Figure 10 Count of red blood cells, white blood cells, platelets and neutrophil of the treated S180 mice. (A) Count of red blood cells; (B) count of white blood cells; (C) count of platelets; (D) count of neutrophil, n=12.Abbreviations: RGDV-gemcitabine, 4-(Arg-Gly-Asp-Val-amino)-1-[3,3-difluoro-4-hydroxy-5-(hydroxylmethyl)oxo-lan-2-yl]pyrimidin-2-one.

Tumor target and release

RGDV-gemcitabine targets tumor tissue

It has been demonstrated that RGD-peptide-containing molecules could form nanoparticles having targeting action;4345 therefore, we hypothesized that by forming nano-particles, RGDV-gemcitabine could target the tumor tissue of the treated S180 tumor-bearing mice. In this regard, the extracts of the homogenates of the tumor tissue, the brain, the heart, the lung, the liver, the spleen, the kidney and the blood of S180 mice treated with NS and 8.4 μmol/kg/day of RGDV-gemcitabine received FT(+)-MS spectrum analysis. Figure 11A and C shows that the FT(+)-MS spectra of the extracts of the blood and tumor tissue, but not the other organs, of the mice treated by RGDV-gemcitabine, but not NS, give the ion peak at 691.3013 and 691.3002 (the mass of RGDV-gemcitabine plus H), respectively. These data not only suggest that in blood circulation RGDV-gemcitabine is delivered without degradation but also emphasize that RGDV-gemcitabine is capable of targeting tumor tissue.

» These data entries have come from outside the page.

-- ===== src/Routing/Router/Selects.antt =====
-- Whom `BrokerRouter.route` selects among the eligible brokers.
use inc_trade.Prelude.{
  ℕ, ◌≤◌, ◌≡◌, ◌≢◌, subst, refl, sym, ◌∙◌, true, Option, some, List, [], ◌∷◌, Bool, filter, All,
  All-of_mem, mem, arith,
}
use inc_trade.Prelude.Dict.{Dict}
use inc_trade.Prelude.Result.{ok}
use inc_trade.Routing.Models.{
  OperationKind, is_execution, RoutingRequest, Rejection, RouteDecision, place_order, cancel_order,
  modify_order, place_super_order, place_forever_order, place_slice_order,
}
use inc_trade.Routing.Policy.{
  Mode, fixed, quota_aware, SourceSelectionPolicy, for_operation_kind, auto_dual_broker_policy,
}
use inc_trade.Routing.Registry.{BrokerRegistry, get_health}
use inc_trade.Routing.Registry.Consistent.{IsConsistent}
use inc_trade.Routing.Router.{
  EndpointClass, operation_to_endpoint_class, Selection, apply_mode, decide, route,
}
use inc_trade.Routing.Router.Filter.{is_eligible}
use inc_trade.Routing.Router.Eligible.{eligible, route-decides}
use inc_trade.Routing.Router.Order.{apply_mode-All, apply_mode-mem, apply_mode-headroom}

All-selected :
    {K F : Type 0} (P : K → Type 0) (d : RouteDecision K F Mode) (c : Selection K)
    → d.primary_broker ≡ c.primary
    → d.fallback_brokers ≡ c.fallbacks
    → d.parallel_brokers ≡ c.parallel
    → All P (c.primary ∷ c.fallbacks) × All P c.parallel
    → All P (d.primary_broker ∷ d.fallback_brokers) × All P d.parallel_brokers
All-selected P d c e0 e1 e2 h = rw (e0, e1, e2) h

for_operation_kind-execution :
    {K F : Type 0} (p : SourceSelectionPolicy K F) (operation : OperationKind)
    → is_execution operation ≡ true
    → for_operation_kind p operation ≡ p.execution
for_operation_kind-execution p place_order x = refl
for_operation_kind-execution p cancel_order x = refl
for_operation_kind-execution p modify_order x = refl
for_operation_kind-execution p place_super_order x = refl
for_operation_kind-execution p place_forever_order x = refl
for_operation_kind-execution p place_slice_order x = refl
for_operation_kind-execution p _ x = absurd (ground arith)

module _ {K F G S : Type 0} (dec : Discrete K) (r : BrokerRegistry K F G S)
    (headroom : Option (K → EndpointClass → ℕ)) (policy : SourceSelectionPolicy K F) where
  abbrev latency_of : K → ℕ
  latency_of bid = (get_health dec bid r).latency_p50_ms

  -- What is chosen for a request among eligible brokers `first ∷ others`.
  abbrev choice : RoutingRequest F → K → List K → Selection K
  choice request first others =
      let p = for_operation_kind policy request.operation in
      apply_mode headroom latency_of p request.operation first others p.mode

  decide-choice :
      (request : RoutingRequest F) (d : RouteDecision K F Mode) (healthy : List K)
      (found : Dict K (Rejection F))
      → decide dec r headroom policy request healthy found ≡ ok d
      → (first : K) × (others : List K) × (healthy ≡ first ∷ others)
        × (d.primary_broker ≡ (choice request first others).primary)
        × (d.fallback_brokers ≡ (choice request first others).fallbacks)
        × (d.parallel_brokers ≡ (choice request first others).parallel)
  unfolding decide
  decide-choice request d [] found e = absurd (ground arith)
  decide-choice request d (first ∷ others) found e =
      (first, others, refl, ground arith, ground arith, ground arith)

  -- A decision holds what the mode chooses among the eligible brokers.
  route-choice :
      IsConsistent dec r
      → (request : RoutingRequest F) (d : RouteDecision K F Mode)
      → route dec r headroom policy request ≡ ok d
      → (first : K) × (others : List K) × (eligible dec r headroom policy request ≡ first ∷ others)
        × (d.primary_broker ≡ (choice request first others).primary)
        × (d.fallback_brokers ≡ (choice request first others).fallbacks)
        × (d.parallel_brokers ≡ (choice request first others).parallel)
  route-choice c request d h =
      let (found, decides, rejects) = route-decides dec r headroom policy c request in
      decide-choice request d (eligible dec r headroom policy request) found (sym decides ∙ h)

  -- On a consistent registry, the primary broker, the fallbacks and the parallel brokers of a route
  -- are all eligible candidates.
  pub route-eligible :
      IsConsistent dec r
      → (request : RoutingRequest F) (d : RouteDecision K F Mode)
      → route dec r headroom policy request ≡ ok d
      → let IsEligible = λ (bid : K). mem dec bid (eligible dec r headroom policy request) ≡ true in
        All IsEligible (d.primary_broker ∷ d.fallback_brokers) × All IsEligible d.parallel_brokers
  route-eligible c request d h =
      let (first, others, e, e0, e1, e2) = route-choice c request d h in
      let p = for_operation_kind policy request.operation in
      let IsEligible = λ (bid : K). mem dec bid (eligible dec r headroom policy request) ≡ true in
      All-selected IsEligible d (choice request first others) e0 e1 e2 (
        apply_mode-All latency_of headroom IsEligible p request.operation first others p.mode (
          subst (λ ys. All IsEligible ys) e
            (All-of_mem dec IsEligible (eligible dec r headroom policy request) (λ bid m. m))))

  -- On a consistent registry, if the policy allows fallbacks and its mode is not "fixed", the primary
  -- broker and the fallbacks are together exactly the eligible candidates.
  pub route-exhausts :
      IsConsistent dec r
      → (request : RoutingRequest F) (d : RouteDecision K F Mode) (k : K)
      → (for_operation_kind policy request.operation).allow_fallback ≡ true
      → (for_operation_kind policy request.operation).mode ≢ fixed
      → route dec r headroom policy request ≡ ok d
      → mem dec k (d.primary_broker ∷ d.fallback_brokers)
        ≡ mem dec k (eligible dec r headroom policy request)
  route-exhausts c request d k a ne h =
      let (first, others, e, e0, e1, e2) = route-choice c request d h in
      let p = for_operation_kind policy request.operation in
      rw (e, e0, e1)
        (apply_mode-mem latency_of headroom dec k p request.operation first others p.mode a ne)

  -- On a consistent registry, a quota-aware primary has the most headroom of the eligible candidates
  -- in the endpoint class of the operation.
  pub route-headroom :
      (score : K → EndpointClass → ℕ)
      → IsConsistent dec r
      → (request : RoutingRequest F) (d : RouteDecision K F Mode) (k : K) → headroom ≡ some score
      → (for_operation_kind policy request.operation).mode ≡ quota_aware
      → route dec r headroom policy request ≡ ok d
      → mem dec k (eligible dec r headroom policy request) ≡ true
      → let class = operation_to_endpoint_class request.operation in
        score k class ≤ score d.primary_broker class
  route-headroom score c request d k hs hm h m =
      let (first, others, e, e0, e1, e2) = route-choice c request d h in
      let p = for_operation_kind policy request.operation in
      rw (e0, hs, hm)
        (apply_mode-headroom latency_of score dec k p request.operation first others
          (subst (λ ys. mem dec k ys ≡ true) e m))

  filter_one : (keep : K → Bool) (k x : K) (xs : List K) → filter keep (k ∷ []) ≡ x ∷ xs → x ≡ k
  filter_one keep k x xs e = ground arith

  -- A fixed policy of one candidate routes to it alone.
  route-only :
      IsConsistent dec r
      → (request : RoutingRequest F) (d : RouteDecision K F Mode) (account : K)
      → (for_operation_kind policy request.operation).candidates ≡ account ∷ []
      → (for_operation_kind policy request.operation).mode ≡ fixed
      → route dec r headroom policy request ≡ ok d
      → (d.primary_broker ≡ account) × (d.fallback_brokers ≡ []) × (d.parallel_brokers ≡ [])
  unfolding apply_mode
  route-only c request d account hc hm h =
      let (first, others, e, e0, e1, e2) = route-choice c request d h in
      let p = for_operation_kind policy request.operation in
      let keep = is_eligible dec r request.required_features p.required_features in
      let one : first ≡ account =
        filter_one keep account first others (subst (λ ys. filter keep ys ≡ first ∷ others) hc e) in
      (rw (e0, hm) one, rw (e1, hm) refl, rw (e2, hm) refl)

module _ {K F G S : Type 0} (dec : Discrete K) (r : BrokerRegistry K F G S) where
  -- Under the policy made for two brokers, on a consistent registry, an execution is routed to the
  -- execution account alone: the account is the primary, and there is no fallback and no parallel
  -- broker.
  pub route-single_account :
      (headroom : Option (K → EndpointClass → ℕ)) (dhan upstox account : K) (hist live news : F)
      (request : RoutingRequest F) (d : RouteDecision K F Mode)
      → IsConsistent dec r
      → is_execution request.operation ≡ true
      → route dec r headroom
          (auto_dual_broker_policy dhan upstox hist live news account "1.0.0")
          request
        ≡ ok d
      → (d.primary_broker ≡ account) × (d.fallback_brokers ≡ []) × (d.parallel_brokers ≡ [])
  unfolding auto_dual_broker_policy
  route-single_account headroom dhan upstox account hist live news request d c x h =
      let policy = auto_dual_broker_policy dhan upstox hist live news account "1.0.0" in
      let executes = for_operation_kind-execution policy request.operation x in
      route-only dec r headroom policy c request d account (rw executes refl) (rw executes refl) h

RGDV-gemcitabine releases pharmacophores in tumor tissue

Figure 11 is the FT(+)-MS spectrum of the extract of tumor tissue of RGDV-gemcitabine-treated mice. In addition to the ion peak at 691.3002 (the mass of RGDV-gemcitabine plus H), the spectrum also gives the ion peaks at 468.2115 (the mass of Arg-Gly-Asp-Val plus H), at 557.1731 (the mass of GDV-gemcitabine plus Na), at 478.1694 (the mass of DV-gemcitabine plus H), at 363.2060 (the mass of V-gemcitabine plus H) and at 264.0771 (the mass of gemcitabine plus H). These data suggest that in tumor tissue, RGDV-gemcitabine is capable of releasing pharmacophores.

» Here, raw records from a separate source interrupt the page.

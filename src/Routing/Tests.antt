-- ===== src/Routing/Tests.antt =====
-- Routes over a registry of two brokers, and the theorems at concrete inputs.
use inc_trade.Prelude.{
  ℕ, ◌≡◌, refl, Bool, true, ◌||◌, Option, none, some, List, [], ◌∷◌, ◌==◌, All, mem, arith,
  ℕ_discrete, ◌⊎◌,
}
use inc_trade.Prelude.Dict.{Dict, contains, insert, erase}
use inc_trade.Prelude.Result.{ok, err}
use inc_trade.Routing.Models.{
  place_order, place_super_order, get_historical_bars, RoutingRequest, RouteDecision, Rejection,
  not_registered, mode_code, selected_code, rejected_count,
}
use inc_trade.Routing.Policy.{
  Mode, fixed, quota_aware, latency_aware, RoutingPolicy, SourceSelectionPolicy,
  auto_dual_broker_policy,
}
use inc_trade.Routing.Registry.{
  BrokerRegistry, register, deregister, update_health, empty_registry, get_capabilities, get_health,
}
use inc_trade.Routing.Registry.Consistent.{
  Change, registers, deregisters, reports_health, IsConsistent, apply, apply_all,
  apply_all-IsConsistent,
}
use inc_trade.Routing.Router.{
  EndpointClass, orders, quotes, operation_to_endpoint_class, no_eligible_broker, route, sorted,
  insert_sorted, decide, filter_capable, filter_healthy, examine, check_features, missing,
  maybe_parallel, apply_mode, build_reason_codes,
}
use inc_trade.Routing.Router.Eligible.{eligible, route-ends}
use inc_trade.Routing.Router.Selects.{route-eligible, route-exhausts, route-single_account}

-- Broker 1 supports the features 1 and 2, broker 2 every feature; broker 3 has left.
abbrev changes : List (Change ℕ ℕ Unit Unit)
changes =
    registers 1 tt (λ f. f == 1 || f == 2)
    ∷ registers 2 tt (λ f. true)
    ∷ registers 3 tt (λ f. true)
    ∷ deregisters 3
    ∷ reports_health 1
        (record { alive = true; auth_valid = true; latency_p50_ms = 40; reason = "" })
    ∷ []

abbrev registry : BrokerRegistry ℕ ℕ Unit Unit
registry = apply_all ℕ_discrete changes empty_registry

registry-IsConsistent : IsConsistent ℕ_discrete registry
registry-IsConsistent = apply_all-IsConsistent ℕ_discrete changes

apply_all-IsConsistent_example : IsConsistent ℕ_discrete registry
apply_all-IsConsistent_example = apply_all-IsConsistent ℕ_discrete changes

abbrev by : Mode → Bool → SourceSelectionPolicy ℕ ℕ
by mode fallback =
    let p : RoutingPolicy ℕ ℕ = record {
      mode = mode;
      candidates = 3 ∷ 1 ∷ 2 ∷ [];
      required_features = 2 ∷ [];
      allow_fallback = fallback;
      max_parallel_sources = some 2;
      execution_account = none;
    } in
    record {
      historical = p;
      live_market_data = p;
      execution = p;
      enrichment = p;
      instrument_metadata = p;
      policy_version = "1";
    }

abbrev request : RoutingRequest ℕ
request = record { operation = get_historical_bars; trace_id = "t"; required_features = 1 ∷ [] }

abbrev score : ℕ → EndpointClass → ℕ
score bid class = bid

abbrev decided : Mode → RouteDecision ℕ ℕ Mode
decided mode = record {
  operation = get_historical_bars;
  primary_broker = 2;
  trace_id = "t";
  policy_version = "1";
  fallback_brokers = 1 ∷ [];
  parallel_brokers = elim mode [ quota_aware ↦ 2 ∷ 1 ∷ [] | _ ↦ [] ];
  reason_codes = mode_code mode ∷ selected_code 2 ∷ rejected_count 1 ∷ [];
  rejected = (3, not_registered) ∷ [];
}

by_quota :
    route ℕ_discrete registry (some score) (by quota_aware true) request ≡ ok (decided quota_aware)
unfolding route decide filter_capable filter_healthy examine check_features missing sorted
    insert_sorted apply_all apply register deregister update_health insert erase get_capabilities
    get_health empty_registry ℕ_discrete operation_to_endpoint_class maybe_parallel apply_mode
    build_reason_codes
by_quota = refl

by_latency :
    route ℕ_discrete registry none (by latency_aware true) request ≡ ok (decided latency_aware)
unfolding route decide filter_capable filter_healthy examine check_features missing sorted
    insert_sorted apply_all apply register deregister update_health insert erase get_capabilities
    get_health empty_registry ℕ_discrete operation_to_endpoint_class maybe_parallel apply_mode
    build_reason_codes
by_latency = refl

route-ends_example :
    ((d : RouteDecision ℕ ℕ Mode) × (route ℕ_discrete registry
          (some score)
          (by quota_aware true)
          request
        ≡ ok d)
      × ¬ (eligible ℕ_discrete registry (some score) (by quota_aware true) request ≡ []))
    ⊎ ((found : Dict ℕ (Rejection ℕ)) × (route ℕ_discrete registry
            (some score)
            (by quota_aware true)
            request
          ≡ err (no_eligible_broker found))
        × (eligible ℕ_discrete registry (some score) (by quota_aware true) request ≡ [])
        × ((k : ℕ) → contains ℕ_discrete k found ≡ mem ℕ_discrete k (3 ∷ 1 ∷ 2 ∷ [])))
route-ends_example =
    route-ends ℕ_discrete registry (some score) (by quota_aware true) registry-IsConsistent request

route-eligible_example :
    let IsEligible = λ (bid : ℕ).
      mem ℕ_discrete bid (eligible ℕ_discrete registry (some score) (by quota_aware true) request)
      ≡ true in
    All IsEligible (2 ∷ 1 ∷ []) × All IsEligible (2 ∷ 1 ∷ [])
route-eligible_example =
    route-eligible ℕ_discrete registry (some score) (by quota_aware true) registry-IsConsistent
      request (decided quota_aware) by_quota

route-exhausts_example :
    mem ℕ_discrete 1 (2 ∷ 1 ∷ [])
    ≡ mem ℕ_discrete 1 (eligible ℕ_discrete registry (some score) (by quota_aware true) request)
route-exhausts_example =
    route-exhausts ℕ_discrete registry (some score) (by quota_aware true) registry-IsConsistent
      request (decided quota_aware) 1 refl (ground arith) by_quota

one_eligible :
    (mode : Mode) (headroom : Option (ℕ → EndpointClass → ℕ))
    → mem ℕ_discrete 1 (eligible ℕ_discrete registry headroom (by mode true) request) ≡ true
unfolding route decide filter_capable filter_healthy examine check_features missing sorted
    insert_sorted apply_all apply register deregister update_health insert erase get_capabilities
    get_health empty_registry ℕ_discrete operation_to_endpoint_class maybe_parallel apply_mode
    build_reason_codes
one_eligible mode headroom = refl

abbrev order : RoutingRequest ℕ
order = record { operation = place_super_order; trace_id = "t"; required_features = [] }

abbrev placed : RouteDecision ℕ ℕ Mode
placed = record {
  operation = place_super_order;
  primary_broker = 1;
  trace_id = "t";
  policy_version = "1.0.0";
  fallback_brokers = [];
  parallel_brokers = [];
  reason_codes = mode_code fixed ∷ selected_code 1 ∷ [];
  rejected = [];
}

is_sent :
    route ℕ_discrete registry none (auto_dual_broker_policy 1 2 1 2 9 1 "1.0.0") order ≡ ok placed
unfolding route decide filter_capable filter_healthy examine check_features missing sorted
    insert_sorted apply_all apply register deregister update_health insert erase get_capabilities
    get_health empty_registry ℕ_discrete operation_to_endpoint_class maybe_parallel apply_mode
    build_reason_codes auto_dual_broker_policy
is_sent = refl

route-single_account_example :
    (placed.primary_broker ≡ 1) × (placed.fallback_brokers ≡ []) × (placed.parallel_brokers ≡ [])
route-single_account_example =
    route-single_account ℕ_discrete registry none 1 2 1 1 2 9 order placed registry-IsConsistent
      refl is_sent

-- Every broker turned down, and an execution whose headroom would be asked for under "quotes".
no_route :
    route ℕ_discrete registry none (auto_dual_broker_policy 1 2 1 2 9 3 "1.0.0") order
    ≡ err (no_eligible_broker ((3, not_registered) ∷ []))
unfolding route decide filter_capable filter_healthy examine check_features missing sorted
    insert_sorted apply_all apply register deregister update_health insert erase get_capabilities
    get_health empty_registry ℕ_discrete operation_to_endpoint_class maybe_parallel apply_mode
    build_reason_codes auto_dual_broker_policy
no_route = refl

classes :
    (operation_to_endpoint_class place_order ≡ orders)
    × (operation_to_endpoint_class place_super_order ≡ quotes)
unfolding operation_to_endpoint_class
classes = (refl, refl)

Figure 11 FT(+)-MS spectrum of the extract of the homogenate of tumor tissue and blood of S180 mice treated with 8.4 μmol/kg/day of RGDV-gemcitabine. (A) FT(+)-MS spectrum of the extract of the homogenate of the tumor tissue; (B) locally amplified spectra of Arg-Gly-Asp-Val plus H at 468.2117, Arg-Gly-Asp plus H at 347.1631, Arg-Gly plus H at 232.1424, Arg plus H at 175.1176, Gly plus H at 76.0396, Asp plus H at 134.0443, Val plus H at 118.0868, RGDV-gemcitabine plus H at 691.3013, GDV-gemcitabine plus Na at 557.1737, DV-gemcitabine plus H at 478.1694, V-gemcitabine plus H at 363.2060 and gemcitabine plus H at 264.0771; (C) FT(+)-MS spectrum of the extract of the homogenate of the blood and amplified spectrum of RGDV-gemcitabine plus H at 691.3002.Abbreviations: RGDV-gemcitabine, 4-[Arg-Gly-Asp-Val-amino-1-[3,3-difluoro-4-hydroxy-5- (hydroxylme-thyl)oxolan-2-yl]pyrimidin-2-one; GDV-gemcitabine, 4-[Gly-Asp-Val-amino-1-[3,3-difluoro-4-hydroxy-5-(hydroxylme-thyl)oxolan-2-yl]pyrimidin-2-one; DV-gemcitabine, 4-[Arg-Gly-Asp-Val-amino-1-[3,3-difluoro-4- hydroxy-5-(hydroxylme-thyl)oxolan-2-yl]pyrimidin-2-one.

Discussion

The modification of gemcitabine with Arg-Gly-Asp-Val leads to a rational design and practicable synthesis of RGDV-gemcitabine. As a novel derivative of gemcitabine in mouse plasma, its half-life is 17-fold longer than that of gemcitabine. The prolonged half-life greatly benefits the biological behavior of RGDV-gemcitabine. Dipyridamole induces the IC50 of gemcitabine against the proliferation of A549 cells having 19.5-fold increase, but has little influence on the IC50 of RGDV-gemcitabine. The drug resistance of gemcitabine is overcome by RGDV-gemcitabine. The IC50 values of gemcitabine and RGDV-gemcitabine inhibiting the proliferation of MCF-7, HCT-8, A549, 95D and HepG2 cells have no significant difference. Arg-Gly-Asp-Val modification does not change the in vitro anti-tumor activity of gemcitabine. On S180 tumor-bearing mouse model, RGDV-gemcitabine dose-dependently inhibits tumor growth. The minimal effective dose and the activity of RGDV-gemcitabine are 100-fold lower and 10-fold higher than that of gemcitabine, respectively. RGDV-gemcitabine, but not gemcitabine, does not injure the liver, the kidney and the marrow of the treated tumor-bearing mice.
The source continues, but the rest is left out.